Expanded URL data will be included in Gnip’s PowerTrack, Replay, Volume Stream, Search, and Historical PowerTrack APIs.
Expanded URL Data
| Original Format Field Name | Activity Streams Field Name | Example Value | Description |
|---|---|---|---|
| entities.urls.url | gnip.urls.url | https:\/\/t.co\/b9ZdzRxzFK | The shortened URL that is encoded as a t.co when the Tweet is created. |
| entities.url.unwound.url | gnip.urls.expanded_url | http:\/\/www.today.com\/parents\/joke-s-you-kid-11-family-friendly-april-fools-pranks-t83276 | The expanded URL, or the final destination that our URL resolution process was able to reach. |
| entities.urls.unwound.status | gnip.urls.expanded_status | 200 | The HTTP status code for the final destination that our URL resolution process was able to reach. |
| entities.urls.unwound.title | gnip.urls.expanded_url_title | The joke's on you, kid: 11 family-friendly April Fools pranks | The HTML title from the final destination that our URL resolution process was able to reach. |
| entities.urls.unwound.description | gnip.urls.expanded_url_description | If your kids are practical jokers, turn this April Fools' Day into a family affair. | The HTML description from the final destination that our URL resolution process was able to reach. |
The Historical PowerTrack, Search, and PowerTrack APIs support filtering based on Expanded URL data. See the appropriate product documentation for more details on what operators are available for filtering on Expanded URLs data.
HTTP Status Codes
The expanded URL enrichment also provides the HTTP status code for the final URL we are attempting to unwind. In normal cases, this will be a 200 value. Other 400-series values indicate problems with resolving the URL.
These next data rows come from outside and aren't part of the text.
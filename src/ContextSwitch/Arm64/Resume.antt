-- ===== src/ContextSwitch/Arm64/Resume.antt =====
-- What a switch saves and what a later switch back finds again, on ARM64.
use code_study_example.ContextSwitch.Memory.{
  store_words, load_words, load-store_words, load-store_disjoint, load_words_cong,
}
use code_study_example.ContextSwitch.Arm64.{
  x0, x1, lr, Cpu, kept, run, context_switch, fake_stack, Context, words, fp, sp, stack_size,
}
use code_study_example.Shared.{ℕ, ◌+◌, ◌≤◌, ◌≡◌, refl, ◌∙◌, ◌⊎◌, arith, ◌<◌, ◌%◌}

-- The two `Context` objects, of 13 words each, do not overlap.
abbrev pub Apart : ℕ → ℕ → Type 0
Apart a b = (a + 104 ≤ b) ⊎ (b + 104 ≤ a)

switch-mem : (c : Cpu) → (run context_switch c).mem ≡ store_words (c.regs x0) 0 (kept c.regs) c.mem
unfolding run context_switch store_words
switch-mem c = refl

switch-kept :
    (c : Cpu)
    → kept (run context_switch c).regs ≡ load_words 13 (c.regs x1) 0 (run context_switch c).mem
unfolding run context_switch load_words
switch-kept c = refl

switch-pc : (c : Cpu) → (run context_switch c).pc ≡ (run context_switch c).regs lr
unfolding run context_switch
switch-pc c = refl

-- What the switch wrote is the register set that it found.
switch_saves : (c : Cpu) → load_words 13 (c.regs x0) 0 (run context_switch c).mem ≡ kept c.regs
switch_saves c = rw (switch-mem c) (load-store_words (c.regs x0) 0 (kept c.regs) c.mem)

-- What it read is what lay at `to` before, if the two contexts are apart.
switch_loads :
    (c : Cpu)
    → Apart (c.regs x0) (c.regs x1)
    → kept (run context_switch c).regs ≡ load_words 13 (c.regs x1) 0 c.mem
switch_loads c h =
    switch-kept c
    ∙ rw (switch-mem c)
        (load-store_disjoint (c.regs x0) (c.regs x1) 13 0 (kept c.regs) c.mem (omega arith))

-- A routine that switches away and is switched back to, with its saved context untouched in
-- between, goes on at its own return address with every register that a callee must keep, the
-- frame pointer, the link register and the stack pointer as it left them.
pub resume_restores :
    (c e : Cpu)
    → e.regs x1 ≡ c.regs x0
    → Apart (e.regs x0) (c.regs x0)
    → ((p : ℕ) → c.regs x0 ≤ p → p < c.regs x0 + 104 → e.mem p ≡ (run context_switch c).mem p)
    → (kept (run context_switch e).regs ≡ kept c.regs) × ((run context_switch e).pc ≡ c.regs lr)
resume_restores c e back apart untouched = (same, switch-pc e ∙ ground (arith, same))
  where
    same : kept (run context_switch e).regs ≡ kept c.regs
    same =
        switch_loads e (rw back apart)
        ∙ rw back (
            load_words_cong (c.regs x0) 13 0 e.mem (run context_switch c).mem
              (λ p l u. untouched p (omega arith) (omega arith)))
        ∙ switch_saves c

-- The first switch to a context that `fake_stack` prepared enters `coroutine_entry` with a null
-- frame pointer and a stack pointer that is a multiple of 16 and lies in the top 16 bytes of the
-- coroutine's own stack, or at its end.
pub fake_stack_enters :
    (c : Cpu) (ctx : Context) (entry stack : ℕ)
    → Apart (c.regs x0) (c.regs x1)
    → load_words 13 (c.regs x1) 0 c.mem ≡ words (fake_stack entry stack ctx)
    → let d = run context_switch c in
      (d.pc ≡ entry)
      × (d.regs fp ≡ 0)
      × (d.regs sp % 16 ≡ 0)
      × (stack + stack_size < d.regs sp + 16)
      × (d.regs sp ≤ stack + stack_size)
unfolding fake_stack
fake_stack_enters c ctx entry stack apart prepared =
    ground (arith, switch-pc c, switch_loads c apart ∙ prepared)
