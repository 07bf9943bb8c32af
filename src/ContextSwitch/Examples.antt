-- ===== src/ContextSwitch/Examples.antt =====
-- Runs of the two routines of cpp/cppcoro/context_switch.h at concrete addresses.
mod Arm64Runs
mod X86Runs
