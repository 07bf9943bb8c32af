-- ===== src/ContextSwitch/Examples/Arm64Runs.antt =====
-- The ARM64 routine of cpp/cppcoro/context_switch.h at concrete addresses.
use code_study_example.ContextSwitch.Arm64.{
  x0, x1, lr, sp, reg_no, set_reg, Cpu, Context, words, kept, run, context_switch, fake_stack,
}
use code_study_example.ContextSwitch.Arm64.Resume.{resume_restores}
use code_study_example.ContextSwitch.Memory.{store_words}
use code_study_example.Shared.{◌*◌, ◌%◌, ◌≡◌, refl, inr, arith}

-- The scheduler's context lies at 1000, the coroutine's at 2000.
abbrev scheduler_cpu : Cpu
scheduler_cpu = record {
  regs = set_reg x0 1000 (set_reg x1 2000 (λ r. 100 * reg_no r));
  mem = λ p. p % 7;
  pc = 5;
}

-- The coroutine's code, about to switch back.
abbrev coroutine_cpu : Cpu
coroutine_cpu = record {
  regs = set_reg x0 2000 (set_reg x1 1000 (λ r. 3 * reg_no r));
  mem = (run context_switch scheduler_cpu).mem;
  pc = 9;
}

abbrev fresh_context : Context
fresh_context = record {
  x19 = 0;
  x20 = 0;
  x21 = 0;
  x22 = 0;
  x23 = 0;
  x24 = 0;
  x25 = 0;
  x26 = 0;
  x27 = 0;
  x28 = 0;
  fp = 0;
  lr = 0;
  sp = 0;
}

abbrev starting_cpu : Cpu
starting_cpu = record scheduler_cpu {
  mem = store_words 2000 0 (words (fake_stack 77 4099 fresh_context)) (λ p. 0);
}

resume_restores_example :
    (kept (run context_switch coroutine_cpu).regs ≡ kept scheduler_cpu.regs)
    × ((run context_switch coroutine_cpu).pc ≡ scheduler_cpu.regs lr)
resume_restores_example =
    resume_restores scheduler_cpu coroutine_cpu refl (inr (omega arith)) (λ p l u. refl)

-- The first switch of the example loads the stack pointer that was prepared.
entered_stack : (run context_switch starting_cpu).regs sp ≡ 69632
unfolding run context_switch store_words fake_stack
entered_stack = refl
Various status codes may be returned when attempting to unwind a URL. During the process of unwinding a URL, if we get a redirect, we will follow them indefinitely until we either:
- Hit a 200 series code (success)
- Hit a non-redirect series code (failures)
- Time out because the final URL could not be resolved in a reasonable amount of time (returns a 408 - timeout)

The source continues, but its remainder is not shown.